Look for the line containing "j.consumer_id ≡ some cr" in the records below. Then output it and all the lines that follow, exactly and without any others.

[Start of Attachment]

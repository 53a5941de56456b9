-- ===== src/Coordinator/Jobs/Submitting.antt =====
-- How a submission ends where no statement fails.
use neuralmesh.Common.{true, [], arith, some, refl, none, ◌≡◌, false, eqb_refl}
use neuralmesh.Coordinator.Jobs.{
  submit_job, available_of, hourly_cost, lock_credit, SubmitJobBody, new_job,
}
use neuralmesh.Coordinator.Rows.{locked, Credit}
use neuralmesh.Coordinator.Store.{ok, err, payment_required, Conn, unwrap_or}
use neuralmesh.Database.{RowId}
use neuralmesh.Float.{Float}

module _ {R : Float} where
  -- With enough available, no fault and no id that is taken, a submission queues the job, moves its
  -- full price for the whole duration from what is available into escrow, and records the escrow;
  -- the providers stay as they are.
  pub submit_job-eq-ok :
      (body : SubmitJobBody R) (job_id escrow_id tx_id : RowId) (c : Conn R) (cr : Credit R)
      → c.faults ≡ []
      → c.store.credits.row body.account_id ≡ some cr
      → R.lt
          (unwrap_or cr.available_nmc (R.lit 0 0))
          (hourly_cost R body.max_price_per_hour body.max_duration_secs)
        ≡ false
      → c.store.jobs.row job_id ≡ none
      → c.store.escrows.row escrow_id ≡ none
      → c.store.transactions.row tx_id ≡ none
      → let cost = hourly_cost R body.max_price_per_hour body.max_duration_secs in
        let after = submit_job body job_id escrow_id tx_id c in
        (after.0 ≡ ok (record { job_id = job_id; locked_nmc = cost }))
        × (after.1.store.jobs.row job_id ≡ some (new_job body job_id))
        × (after.1.store.credits.row body.account_id ≡ some (lock_credit cost cr))
        × (after.1.store.escrows.row escrow_id
            ≡ some (record {
              escrow_id = escrow_id;
              job_id = job_id;
              consumer_id = body.account_id;
              provider_id = none;
              locked_nmc = cost;
              state = locked;
              settled_at = none;
            }))
        × (after.1.store.providers ≡ c.store.providers)
  unfolding submit_job
  submit_job-eq-ok body job_id escrow_id tx_id c cr a b d e f g = (
    rw (a, b, d, e, eqb_refl job_id, f, g) refl,
    rw (a, b, d, e, eqb_refl job_id, f, g, eqb_refl job_id) refl,
    rw (a, b, d, e, eqb_refl job_id, f, g, eqb_refl body.account_id, b) refl,
    rw (a, b, d, e, eqb_refl job_id, f, g, eqb_refl escrow_id) refl,
    rw (a, b, d, e, eqb_refl job_id, f, g) refl,
  )

  -- With no fault, a submission for which too little is available is refused, and changes nothing.
  pub submit_job-poor :
      (body : SubmitJobBody R) (job_id escrow_id tx_id : RowId) (c : Conn R)
      → c.faults ≡ []
      → R.lt
          (available_of R (c.store.credits.row body.account_id))
          (hourly_cost R body.max_price_per_hour body.max_duration_secs)
        ≡ true
      → submit_job body job_id escrow_id tx_id c ≡ (err payment_required, c)
  unfolding submit_job
  submit_job-poor body job_id escrow_id tx_id c h k = ground arith
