-- ===== src/Coordinator/Lifecycle/Completion.antt =====
-- What the end of a job, as it is reported, does to the accounts.
use neuralmesh.Common.{[], ◌≡◌, refl, some, eqb_refl, inl, inr, Bool-cases}
use neuralmesh.Coordinator.Lifecycle.{update_trust_score, fail_job, FailJobBody, release_all}
use neuralmesh.Coordinator.Rows.{failed, Job, Credit}
use neuralmesh.Coordinator.Store.{Conn}
use neuralmesh.Database.{RowId}
use neuralmesh.Float.{Float}

module _ {R : Float} where
  -- With no fault, a failure that is reported for a job, whatever its state and whoever reports
  -- it, gives the consumer, whose account exists, all that it has in escrow, for this job or
  -- another; the job has failed, and the escrows stay as they are.
  pub fail_job-releases :
      (job_id : RowId) (body : FailJobBody) (c : Conn R) (j : Job R) (cr : Credit R)
      → c.faults ≡ []
      → c.store.jobs.row job_id ≡ some j
      → c.store.credits.row j.consumer_id ≡ some cr
      → let after = (fail_job job_id body c).1.store in
        (after.jobs.row job_id ≡ some (record j { state = failed; completed_at = some c.now }))
        × (after.credits.row j.consumer_id ≡ some (release_all cr))
        × (after.escrows ≡ c.store.escrows)
  unfolding fail_job update_trust_score
  fail_job-releases job_id body c j cr f row credit = elim (Bool-cases body.slash) [
    | inl slashed ↦ (
      rw (f, eqb_refl job_id, row, slashed, eqb_refl job_id, row) refl,
      rw (f, eqb_refl job_id, row, slashed, eqb_refl j.consumer_id, credit) refl,
      rw (f, eqb_refl job_id, row, slashed) refl,
    )
    | inr kept ↦ (
      rw (f, eqb_refl job_id, row, kept, eqb_refl job_id, row) refl,
      rw (f, eqb_refl job_id, row, kept, eqb_refl j.consumer_id, credit) refl,
      rw (f, eqb_refl job_id, row, kept) refl,
    )
  ]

[End of Attachment]

**Response area:**
      → c.store.credits.row j.consumer_id ≡ some cr
      → let after = (fail_job job_id body c).1.store in
        (after.jobs.row job_id ≡ some (record j { state = failed; completed_at = some c.now }))
        × (after.credits.row j.consumer_id ≡ some (release_all cr))
        × (after.escrows ≡ c.store.escrows)
  unfolding fail_job update_trust_score
  fail_job-releases job_id body c j cr f row credit = elim (Bool-cases body.slash) [
    | inl slashed ↦ (
      rw (f, eqb_refl job_id, row, slashed, eqb_refl job_id, row) refl,
      rw (f, eqb_refl job_id, row, slashed, eqb_refl j.consumer_id, credit) refl,
      rw (f, eqb_refl job_id, row, slashed) refl,
    )
    | inr kept ↦ (
      rw (f, eqb_refl job_id, row, kept, eqb_refl job_id, row) refl,
      rw (f, eqb_refl job_id, row, kept, eqb_refl j.consumer_id, credit) refl,
      rw (f, eqb_refl job_id, row, kept) refl,
    )
  ]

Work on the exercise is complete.